To do:
Exact copies of all the entries are needed.

Stored data entries:
* * * * * * *

-- ===== src/PeerSimulator/Connection.antt =====
-- `handle_message` of crates/chia-sdk-test/src/peer_simulator/ws_connection.rs: the dispatch on the
-- type of a request. Messages stand in place of their bytes.
use chia_wallet_sdk.Prelude.{ℕ, Option, some, List, []}
use mathlib.Core.Option
use chia_wallet_sdk.Protocol.{Bytes32, SocketAddr, SpendBundle, Result, ok, err}
use chia_wallet_sdk.Simulator.{External, Simulator}
use chia_wallet_sdk.PeerSimulator.Subscriptions.{Subscriptions}
use chia_wallet_sdk.PeerSimulator.Messages.{
  SimulatorConfig, Request, Response, MessageType, Notice, ack_type, coin_updates_type,
  ph_updates_type, puzzle_solution_type, children_type, coin_state_type, puzzle_state_type,
}
use chia_wallet_sdk.PeerSimulator.Updates
use chia_wallet_sdk.PeerSimulator.Handlers

-- What the connections share.
pub record Node (R : Type 0) : Type 0 where
  pub simulator : Simulator R
  pub subscriptions : Subscriptions

-- A response as it is sent: its message type, the id of the request, and its body.
pub record Reply : Type 0 where
  pub msg_type : MessageType
  pub id : Option ℕ
  pub body : Response

-- The node after a message, the reply to the sender, and the notices to the connected peers.
pub record Handled (R : Type 0) : Type 0 where
  pub node : Node R
  pub reply : Reply
  pub notices : List (SocketAddr × Notice)

abbrev pub reply_with :
    {R : Type 0} → Node R → MessageType → Option ℕ → Response × Subscriptions → Handled R
reply_with n t id (body, subs) = record {
  node = record n { subscriptions = subs };
  reply = record { msg_type = t; id = id; body = body };
  notices = [];
}

module _ {R : Type 0} (x : External R) (name : SpendBundle → Bytes32)
    (config : SimulatorConfig) where
  -- `none` is a panic, which ends the connection's task; an error ends the connection.
  unfoldable pub handle_message :
      SocketAddr → List SocketAddr → Option ℕ → Request → Node R → Option (Result ℕ (Handled R))
  handle_message addr connected id (Request.send_transaction bundle) n =
      Option.map
        (λ sent. ok (record {
          node = record n { simulator = sent.2 };
          reply = record { msg_type = ack_type; id = id; body = sent.0 };
          notices = sent.1;
        }))
        (Updates.send_transaction x name config n.simulator n.subscriptions connected bundle)
  handle_message addr connected id (Request.register_for_coin_updates ids min_height) n = some (
      ok (
        reply_with n coin_updates_type id
          (Handlers.register_for_coin_updates addr ids min_height n.simulator n.subscriptions)))
  handle_message addr connected id (Request.register_for_ph_updates phs min_height) n =
      Option.map (λ r. ok (reply_with n ph_updates_type id r))
        (Handlers.register_for_ph_updates addr phs min_height n.simulator n.subscriptions)
  handle_message addr connected id (Request.request_puzzle_solution coin_name height) n = some (
      ok (
        reply_with n puzzle_solution_type id
          (Handlers.request_puzzle_solution coin_name height n.simulator, n.subscriptions)))
  handle_message addr connected id (Request.request_children coin_name) n = some (
      ok (
        reply_with n children_type id
          (Handlers.request_children coin_name n.simulator, n.subscriptions)))
  handle_message addr connected id (Request.request_coin_state request) n = some (
      ok (
        reply_with n coin_state_type id
          (Handlers.request_coin_state addr request config n.simulator n.subscriptions)))
  handle_message addr connected id (Request.request_puzzle_state request) n =
      Option.map (λ r. ok (reply_with n puzzle_state_type id r))
        (Handlers.request_puzzle_state addr request config n.simulator n.subscriptions)
  handle_message addr connected id (Request.other msg_type) n = some (err msg_type)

* * * * * * *

Answer to this task:
-- ===== src/PeerSimulator/Connection.antt =====
-- `handle_message` of crates/chia-sdk-test/src/peer_simulator/ws_connection.rs: the dispatch on the
-- type of a request. Messages stand in place of their bytes.
use chia_wallet_sdk.Prelude.{ℕ, Option, some, List, []}
use mathlib.Core.Option
use chia_wallet_sdk.Protocol.{Bytes32, SocketAddr, SpendBundle, Result, ok, err}
use chia_wallet_sdk.Simulator.{External, Simulator}
use chia_wallet_sdk.PeerSimulator.Subscriptions.{Subscriptions}
use chia_wallet_sdk.PeerSimulator.Messages.{
  SimulatorConfig, Request, Response, MessageType, Notice, ack_type, coin_updates_type,
  ph_updates_type, puzzle_solution_type, children_type, coin_state_type, puzzle_state_type,
}
use chia_wallet_sdk.PeerSimulator.Updates
use chia_wallet_sdk.PeerSimulator.Handlers

-- What the connections share.
pub record Node (R : Type 0) : Type 0 where
  pub simulator : Simulator R
  pub subscriptions : Subscriptions

-- A response as it is sent: its message type, the id of the request, and its body.
pub record Reply : Type 0 where
  pub msg_type : MessageType
  pub id : Option ℕ
  pub body : Response

-- The node after a message, the reply to the sender, and the notices to the connected peers.
pub record Handled (R : Type 0) : Type 0 where
  pub node : Node R
  pub reply : Reply
  pub notices : List (SocketAddr × Notice)

abbrev pub reply_with :
    {R : Type 0} → Node R → MessageType → Option ℕ → Response × Subscriptions → Handled R
reply_with n t id (body, subs) = record {
  node = record n { subscriptions = subs };
  reply = record { msg_type = t; id = id; body = body };
  notices = [];
}

module _ {R : Type 0} (x : External R) (name : SpendBundle → Bytes32)
    (config : SimulatorConfig) where
  -- `none` is a panic, which ends the connection's task; an error ends the connection.
  unfoldable pub handle_message :
      SocketAddr → List SocketAddr → Option ℕ → Request → Node R → Option (Result ℕ (Handled R))
  handle_message addr connected id (Request.send_transaction bundle) n =
      Option.map
        (λ sent. ok (record {
          node = record n { simulator = sent.2 };
          reply = record { msg_type = ack_type; id = id; body = sent.0 };
          notices = sent.1;
        }))
        (Updates.send_transaction x name config n.simulator n.subscriptions connected bundle)
  handle_message addr connected id (Request.register_for_coin_updates ids min_height) n = some (
      ok (
        reply_with n coin_updates_type id
          (Handlers.register_for_coin_updates addr ids min_height n.simulator n.subscriptions)))
  handle_message addr connected id (Request.register_for_ph_updates phs min_height) n =
      Option.map (λ r. ok (reply_with n ph_updates_type id r))
        (Handlers.register_for_ph_updates addr phs min_height n.simulator n.subscriptions)
  handle_message addr connected id (Request.request_puzzle_solution coin_name height) n = some (
      ok (
        reply_with n puzzle_solution_type id
          (Handlers.request_puzzle_solution coin_name height n.simulator, n.subscriptions)))
  handle_message addr connected id (Request.request_children coin_name) n = some (
      ok (
        reply_with n children_type id
          (Handlers.request_children coin_name n.simulator, n.subscriptions)))
  handle_message addr connected id (Request.request_coin_state request) n = some (
      ok (
        reply_with n coin_state_type id
          (Handlers.request_coin_state addr request config n.simulator n.subscriptions)))
  handle_message addr connected id (Request.request_puzzle_state request) n =
      Option.map (λ r. ok (reply_with n puzzle_state_type id r))
        (Handlers.request_puzzle_state addr request config n.simulator n.subscriptions)
  handle_message addr connected id (Request.other msg_type) n = some (err msg_type)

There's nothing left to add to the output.